Mean Deviation: Coefficient of Mean Deviation, Merits, and Demerits

Last Updated : 06 Nov, 2023

Range, Interquartile range, and Quartile deviation all have the same defect; i.e., they are determined by considering only two values of a series: either the extreme values (as in range) or the values of the quartiles (as in quartile deviation). This approach of analysing dispersion by determining the location of limits is also known as the Limits Approach because it does not consider all the items in the series. Therefore, it is always preferable to have a measure of dispersion that accounts for all of a series’ observations and is calculated in relation to a central value. If the variations of items are derived from an average, then such a measure of dispersion could throw light on the creation of the series and the dispersal of items around a central value. One such measure of dispersion is Mean Deviation.

What is Mean Deviation?

The arithmetic average of the deviations of various items from a measure of central tendency (mean, median, or mode) is known as the Mean Deviation of a series. Other names for Mean Deviation are the First Moment of Dispersion and Average Deviation.

Mean deviation is calculated by using all of the items in the series. It can theoretically be calculated by taking deviations from any of the three averages. However, in reality, either the mean or the median is used to determine the mean deviation. Mode is usually not considered because its value is uncertain and provides incorrect results. Since the sum of deviations from the median is less than the sum of deviations from the mean, the former is considered better than the latter.

Note: The sign (+ or -) of deviations is ignored while calculating deviations from the selected average, assuming all deviations are positive.

Coefficient of Mean Deviation

Mean Deviation is an absolute measure of dispersion. In order to convert it into a relative measure, it is divided by the average from which it has been calculated. It is known as the Coefficient of Mean Deviation.
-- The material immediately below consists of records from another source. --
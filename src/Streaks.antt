-- ===== src/Streaks.antt =====
-- Winning and losing streaks: the loops of `get_streaks_and_drawdown` in
-- src/app/domains/ai/tools/streaks_drawdown.py, which runs them on the profits of the trades and on
-- those of the days. Only the sign of a profit is read.
pub mod Current
pub mod Longest
mod Examples
use mathlib.Core.List.{reverse}
use signalsync_be.Base.{ℕ, suc, max, Bool, true, false, ◌&&◌, List, [], ◌∷◌, if◌then◌else◌, ltb}
use signalsync_be.Base.Int.{ℤ, pos, ltb_ℤ}

abbrev pub is_win : ℤ → Bool
is_win p = ltb_ℤ (pos 0) p

abbrev pub is_loss : ℤ → Bool
is_loss p = ltb_ℤ p (pos 0)

pub record Streaks : Type 0 where
  pub max_win : ℕ
  pub max_loss : ℕ
  pub cur_win : ℕ
  pub cur_loss : ℕ

abbrev pub no_streak : Streaks
no_streak = record { max_win = 0; max_loss = 0; cur_win = 0; cur_loss = 0 }

-- The body of the loop.
abbrev pub count_profit : ℤ → Streaks → Streaks
count_profit p s =
    if is_win p
    then record s { max_win = max s.max_win (suc s.cur_win); cur_win = suc s.cur_win; cur_loss = 0 }
    else if is_loss p
    then record s {
      max_loss = max s.max_loss (suc s.cur_loss);
      cur_loss = suc s.cur_loss;
      cur_win = 0;
    }
    else record s { cur_win = 0; cur_loss = 0 }

pub count_streaks : List ℤ → Streaks → Streaks
count_streaks [] s = s
count_streaks (p ∷ profits) s = count_streaks profits (count_profit p s)

pub data StreakType : Type 0 where
  win loss none_yet : StreakType

abbrev pub may_win : StreakType → Bool
may_win loss = false
may_win _ = true

abbrev pub may_lose : StreakType → Bool
may_lose win = false
may_lose _ = true

-- The loop over the reversed profits, which breaks at the first that does not go on.
pub current_from : List ℤ → StreakType → ℕ → StreakType × ℕ
current_from [] type count = (type, count)
current_from (p ∷ profits) type count =
    let as_win = current_from profits win (suc count) in
    let as_loss = current_from profits loss (suc count) in
    if is_win p && may_win type
    then as_win
    else if is_loss p && may_lose type
    then as_loss
    else (type, count)

pub current_streak : List ℤ → StreakType × ℕ
unfolding current_from
current_streak profits = current_from (reverse profits) none_yet 0
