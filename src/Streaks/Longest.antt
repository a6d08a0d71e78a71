-- ===== src/Streaks/Longest.antt =====
-- The loops find the longest and the current streak
-- (src/app/domains/ai/tools/streaks_drawdown.py).
use signalsync_be.Base.{
  ℕ, suc, ◌+◌, ◌≤◌, ◌≡◌, refl, inl, inr, max, Bool, true, false, List, [], ◌∷◌, if◌then◌else◌,
  Bool-cases, arith,
}
use signalsync_be.Base.Int.{ℤ}
use signalsync_be.Streaks.{is_win, is_loss, Streaks, no_streak, count_profit, count_streaks}

-- The number of profits at the head of a list that pass a test, and the most in a row anywhere.
abbrev pub lead : (ℤ → Bool) → List ℤ → ℕ
lead test [] = 0
lead test (p ∷ profits) = let rest = lead test profits in if test p then suc rest else 0

abbrev pub longest : (ℤ → Bool) → List ℤ → ℕ
longest test [] = 0
longest test (p ∷ profits) = max (lead test (p ∷ profits)) (longest test profits)

lead-longest : (test : ℤ → Bool) (profits : List ℤ) → lead test profits ≤ longest test profits
lead-longest test [] = omega arith
lead-longest test (p ∷ profits) = omega arith

pub not_both : (p : ℤ) → is_win p ≡ true → is_loss p ≡ false
not_both p h = ground arith

-- The maximum that the loop still reaches from a running streak of length `cur`.
abbrev reached : (ℤ → Bool) → List ℤ → ℕ → ℕ → ℕ
reached test profits most cur = max (max most (cur + lead test profits)) (longest test profits)

abbrev pub after_win : Streaks → Streaks
after_win s = record s {
  max_win = max s.max_win (suc s.cur_win);
  cur_win = suc s.cur_win;
  cur_loss = 0;
}

abbrev pub after_loss : Streaks → Streaks
after_loss s = record s {
  max_loss = max s.max_loss (suc s.cur_loss);
  cur_loss = suc s.cur_loss;
  cur_win = 0;
}

abbrev pub after_flat : Streaks → Streaks
after_flat s = record s { cur_win = 0; cur_loss = 0 }

pub count_profit-win : (p : ℤ) (s : Streaks) → is_win p ≡ true → count_profit p s ≡ after_win s
count_profit-win p s w = rw w refl

pub count_profit-loss :
    (p : ℤ) (s : Streaks) → is_win p ≡ false → is_loss p ≡ true → count_profit p s ≡ after_loss s
count_profit-loss p s w l = rw (w, l) refl

pub count_profit-flat :
    (p : ℤ) (s : Streaks) → is_win p ≡ false → is_loss p ≡ false → count_profit p s ≡ after_flat s
count_profit-flat p s w l = rw (w, l) refl

-- What the loop reaches on a list from a state.
record Reaches (profits : List ℤ) (from to : Streaks) : Type 0 where
  pub win_reached : to.max_win ≡ reached is_win profits from.max_win from.cur_win
  pub loss_reached : to.max_loss ≡ reached is_loss profits from.max_loss from.cur_loss

Reaches-win :
    (p : ℤ) (profits : List ℤ) (s to : Streaks)
    → is_win p ≡ true
    → s.cur_win ≤ s.max_win
    → s.cur_loss ≤ s.max_loss
    → Reaches profits (after_win s) to
    → Reaches (p ∷ profits) s to
Reaches-win p profits s to w hw hl go = record {
  win_reached = rw (w) omega (arith, go.win_reached, hw, lead-longest is_win profits);
  loss_reached = rw (not_both p w) omega (arith, go.loss_reached, hl, lead-longest is_loss profits);
}

Reaches-loss :
    (p : ℤ) (profits : List ℤ) (s to : Streaks)
    → is_win p ≡ false
    → is_loss p ≡ true
    → s.cur_win ≤ s.max_win
    → s.cur_loss ≤ s.max_loss
    → Reaches profits (after_loss s) to
    → Reaches (p ∷ profits) s to
Reaches-loss p profits s to w l hw hl go = record {
  win_reached = rw (w) omega (arith, go.win_reached, hw, lead-longest is_win profits);
  loss_reached = rw (l) omega (arith, go.loss_reached, hl, lead-longest is_loss profits);
}

Reaches-flat :
    (p : ℤ) (profits : List ℤ) (s to : Streaks)
    → is_win p ≡ false
    → is_loss p ≡ false
    → s.cur_win ≤ s.max_win
    → s.cur_loss ≤ s.max_loss
    → Reaches profits (after_flat s) to
    → Reaches (p ∷ profits) s to
Reaches-flat p profits s to w l hw hl go = record {
  win_reached = rw (w) omega (arith, go.win_reached, hw, lead-longest is_win profits);
  loss_reached = rw (l) omega (arith, go.loss_reached, hl, lead-longest is_loss profits);
}

count_streaks-Reaches :
    (profits : List ℤ) (s : Streaks)
    → s.cur_win ≤ s.max_win
    → s.cur_loss ≤ s.max_loss
    → Reaches profits s (count_streaks profits s)
unfolding count_streaks
count_streaks-Reaches [] s hw hl = record {
  win_reached = omega (arith, hw);
  loss_reached = omega (arith, hl);
}
count_streaks-Reaches (p ∷ profits) s hw hl = elim (Bool-cases (is_win p)) [
  | inl w ↦ rw (count_profit-win p s w) (
      Reaches-win p profits s (count_streaks profits (after_win s)) w hw hl
        (count_streaks-Reaches profits (after_win s) (omega arith) (omega arith)))
  | inr w ↦ elim (Bool-cases (is_loss p)) [
    | inl l ↦ rw (count_profit-loss p s w l) (
        Reaches-loss p profits s (count_streaks profits (after_loss s)) w l hw hl
          (count_streaks-Reaches profits (after_loss s) (omega arith) (omega arith)))
    | inr l ↦ rw (count_profit-flat p s w l) (
        Reaches-flat p profits s (count_streaks profits (after_flat s)) w l hw hl
          (count_streaks-Reaches profits (after_flat s) (omega arith) (omega arith)))
  ]
]

-- For every list of profits, the loop started from nothing ends with the most profits above zero
-- in a row anywhere in the list as its longest winning streak, and with the most below zero in a
-- row as its longest losing streak.
pub count_streaks-longest :
    (profits : List ℤ)
    → ((count_streaks profits no_streak).max_win ≡ longest is_win profits)
      × ((count_streaks profits no_streak).max_loss ≡ longest is_loss profits)
count_streaks-longest profits =
    let all = count_streaks-Reaches profits no_streak (omega arith) (omega arith) in
    (
      omega (arith, all.win_reached, lead-longest is_win profits),
      omega (arith, all.loss_reached, lead-longest is_loss profits),
    )
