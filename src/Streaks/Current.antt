-- ===== src/Streaks/Current.antt =====
-- The loop over the reversed profits and the loop over the profits count the same current streak
-- (src/app/domains/ai/tools/streaks_drawdown.py).
use mathlib.Core.List.{reverse, reverse-cons, reverse-reverse}
use signalsync_be.Base.{
  ℕ, suc, zero, ◌+◌, ◌≡◌, refl, sym, ap, ◌∙◌, inl, inr, List, [], ◌∷◌, ◌++◌, Bool-cases, arith,
}
use signalsync_be.Base.Int.{ℤ}
use signalsync_be.Streaks.{
  is_win, is_loss, Streaks, no_streak, count_profit, count_streaks, StreakType, win, loss, none_yet,
  current_from, current_streak,
}
use signalsync_be.Streaks.Longest.{not_both}

-- The state of the forward loop after a list given from its end.
abbrev count_back : List ℤ → Streaks
count_back [] = no_streak
count_back (p ∷ before) = count_profit p (count_back before)

count_streaks-append :
    (profits : List ℤ) (p : ℤ) (s : Streaks)
    → count_streaks (profits ++ (p ∷ [])) s ≡ count_profit p (count_streaks profits s)
unfolding count_streaks
count_streaks-append [] p s = refl
count_streaks-append (q ∷ profits) p s = count_streaks-append profits p (count_profit q s)

count_streaks-reverse :
    (before : List ℤ) → count_streaks (reverse before) no_streak ≡ count_back before
unfolding count_streaks
count_streaks-reverse [] = refl
count_streaks-reverse (p ∷ before) =
    ap (λ profits. count_streaks profits no_streak) (reverse-cons p before)
    ∙ count_streaks-append (reverse before) p no_streak
    ∙ ap (count_profit p) (count_streaks-reverse before)

current_from-win :
    (before : List ℤ) (n : ℕ) → current_from before win n ≡ (win, n + (count_back before).cur_win)
unfolding current_from
current_from-win [] n = ap (λ m. (win, m)) (omega arith)
current_from-win (p ∷ before) n = elim (Bool-cases (is_win p)) [
  | inl w ↦ rw (w) (current_from-win before (suc n) ∙ ap (λ m. (win, m)) (omega arith))
  | inr w ↦ elim (Bool-cases (is_loss p)) [
    | inl l ↦ rw (w, l) (ap (λ m. (win, m)) (omega arith))
    | inr l ↦ rw (w, l) (ap (λ m. (win, m)) (omega arith))
  ]
]

current_from-loss :
    (before : List ℤ) (n : ℕ)
    → current_from before loss n ≡ (loss, n + (count_back before).cur_loss)
unfolding current_from
current_from-loss [] n = ap (λ m. (loss, m)) (omega arith)
current_from-loss (p ∷ before) n = elim (Bool-cases (is_win p)) [
  | inl w ↦ rw (w, not_both p w) (ap (λ m. (loss, m)) (omega arith))
  | inr w ↦ elim (Bool-cases (is_loss p)) [
    | inl l ↦ rw (w, l) (current_from-loss before (suc n) ∙ ap (λ m. (loss, m)) (omega arith))
    | inr l ↦ rw (w, l) (ap (λ m. (loss, m)) (omega arith))
  ]
]

-- The running streak of the forward loop.
abbrev pub running_of : ℕ → ℕ → StreakType × ℕ
running_of (suc wins) losses = (win, suc wins)
running_of zero (suc losses) = (loss, suc losses)
running_of zero zero = (none_yet, 0)

abbrev pub running : Streaks → StreakType × ℕ
running s = running_of s.cur_win s.cur_loss

current_from-running :
    (before : List ℤ) → current_from before none_yet 0 ≡ running (count_back before)
unfolding current_from
current_from-running [] = refl
current_from-running (p ∷ before) = elim (Bool-cases (is_win p)) [
  | inl w ↦ rw (w) (current_from-win before 1 ∙ ap (λ m. (win, m)) (omega arith))
  | inr w ↦ elim (Bool-cases (is_loss p)) [
    | inl l ↦ rw (w, l) (current_from-loss before 1 ∙ ap (λ m. (loss, m)) (omega arith))
    | inr l ↦ rw (w, l) refl
  ]
]

-- For every list of profits, the streak that the loop over the reversed list counts until it
-- breaks is the running streak the loop over the list is left with: its wins when it has some,
-- else its losses when it has some, else none.
pub current_streak-running :
    (profits : List ℤ) → current_streak profits ≡ running (count_streaks profits no_streak)
unfolding current_streak
current_streak-running profits =
    current_from-running (reverse profits)
    ∙ ap running (
        sym (count_streaks-reverse (reverse profits))
        ∙ ap (λ back. count_streaks back no_streak) (reverse-reverse profits))
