-- ===== src/Streaks/Examples.antt =====
-- Examples for the streaks (src/app/domains/ai/tools/streaks_drawdown.py).
use signalsync_be.Base.{◌≡◌, refl, List, [], ◌∷◌}
use signalsync_be.Base.Int.{ℤ, pos, negsuc}
use signalsync_be.Streaks.{is_win, is_loss, no_streak, count_streaks, loss, current_streak}
use signalsync_be.Streaks.Longest.{longest, count_streaks-longest}
use signalsync_be.Streaks.Current.{running, current_streak-running}

abbrev profits : List ℤ
profits = pos 3 ∷ pos 1 ∷ pos 0 ∷ pos 5 ∷ negsuc 1 ∷ negsuc 0 ∷ []

two_losses : current_streak profits ≡ (loss, 2)
unfolding current_streak
two_losses = refl

two_wins : (count_streaks profits no_streak).max_win ≡ 2
unfolding count_streaks
two_wins = refl

count_streaks-longest_example :
    ((count_streaks profits no_streak).max_win ≡ longest is_win profits)
    × ((count_streaks profits no_streak).max_loss ≡ longest is_loss profits)
count_streaks-longest_example = count_streaks-longest profits

current_streak-running_example : current_streak profits ≡ running (count_streaks profits no_streak)
current_streak-running_example = current_streak-running profits
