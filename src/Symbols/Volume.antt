-- ===== src/Symbols/Volume.antt =====
-- The volume that is sent to the broker (`normalize_volume` of
-- src/app/domains/copy_trading/symbols.py).
use native.Mathlib.Nat.{div-add-mod', mod-lt}
use signalsync_be.Base.{
  ℕ, ◌+◌, ◌*◌, ◌/◌, ◌≤◌, ◌<◌, min, max, ◌≡◌, ◌⊎◌, inl, inr, arith, ◌==◌, false,
}
use signalsync_be.Base.Python.{returned}
use signalsync_be.Symbols.{BrokerSymbol, normalize_volume}

pub floor_bounds : (b step : ℕ) → 0 < step → (b / step * step ≤ b) × (b < b / step * step + step)
floor_bounds b step h =
    let e = div-add-mod' b step in (omega (arith, e), omega (arith, e, mod-lt b h))

not_zero : (n : ℕ) → 0 < n → (n == 0) ≡ false
not_zero n h = ground arith

max-cases : (m x : ℕ) → (max m x ≡ m) ⊎ (max m x ≡ x)
max-cases m x = grind arith

-- With a step and consistent bounds the result lies within the broker's bounds, never exceeds the
-- larger of the requested volume and the minimum, falls short of a requested volume up to the
-- maximum by less than one step, and is a whole number of steps or the minimum.
pub normalize_volume-bounds :
    (volume : ℕ) (symbol : BrokerSymbol)
    → 0 < symbol.volume_step
    → symbol.min_volume ≤ symbol.max_volume
    → (n : ℕ) × (normalize_volume volume symbol ≡ returned n)
      × (symbol.min_volume ≤ n)
      × (n ≤ symbol.max_volume)
      × (n ≤ max volume symbol.min_volume)
      × (volume ≤ symbol.max_volume → volume < n + symbol.volume_step)
      × ((n ≡ symbol.min_volume) ⊎ ((k : ℕ) × (n ≡ k * symbol.volume_step)))
unfolding normalize_volume
normalize_volume-bounds volume symbol step bounds =
    let b = min (max volume symbol.min_volume) symbol.max_volume in
    let q = b / symbol.volume_step in
    let (low, high) = floor_bounds b symbol.volume_step step in
    (
      max symbol.min_volume (min (q * symbol.volume_step) symbol.max_volume),
      rw (not_zero symbol.volume_step step),
      omega arith,
      omega arith,
      omega (arith, low),
      (λ h. omega (arith, low, high)),
      elim (max-cases symbol.min_volume (min (q * symbol.volume_step) symbol.max_volume)) [
        | inl e ↦ inl e
        | inr e ↦ inr (q, omega (arith, e, low))
      ],
    )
Coefficient of Mean Deviation from Mean ( $MD_{\bar{X}}$ ) = $\frac{MD_{\bar{X}}}{\bar{X}}$

Coefficient of Mean Deviation from Median ( $MD_{M}$ ) = $\frac{MD_{M}}{M}$

The mean deviation can be calculated using the mean, median and mode. The formula for calculating are:

(I) Mean Deviation from the Mean

To calculate the mean, first add up all of the observations and then, divide the total by the number of observations. The following are formulas for mean deviation about the mean in different statistical series:

In case of Individual Series:

$Mean~Deviation~from~Mean~(MD_{\bar{X})}=\frac{\sum{|X-\bar{X}|}}{N}=\frac{\sum{|D|}}{N}$

Where,

$Mean=\frac{Sum~of~all~observations}{N}$

In case of Discrete Series:

$Mean~Deviation~from~Mean~(MD_{\bar{X})}=\frac{\sum{f|X-\bar{X}|}}{N}=\frac{\sum{f|D|}}{N}$

Where,

$Mean=\Sigma\frac{fX}{f}$

In case of Continuous Series:

$Mean~Deviation~from~Mean~(MD_{\bar{X})}=\frac{\sum{f|m-\bar{X}|}}{N}=\frac{\sum{f|D|}}{N}$

Where,

$\bar{X}=A+\frac{\sum{fd'}}{\sum{f}}\times{C}$

X̄ = Arithmetic Mean; A = Assumed Mean; d = m – A; i.e., deviations of mid-points from assumed mean; d’= Step Deviations (deviations divided by common factor); Σfd’ = Sum of product of step deviations (d’) with their respective frequencies (f); C = Common Factor; Σf =Total number of items.

(II) Mean Deviation from the Median

The value that divides the data into its upper and lower half is called the median. The number in the middle of an arranged set of values, either ascending or descending, is called the median. The following are formulas for mean deviation about the median: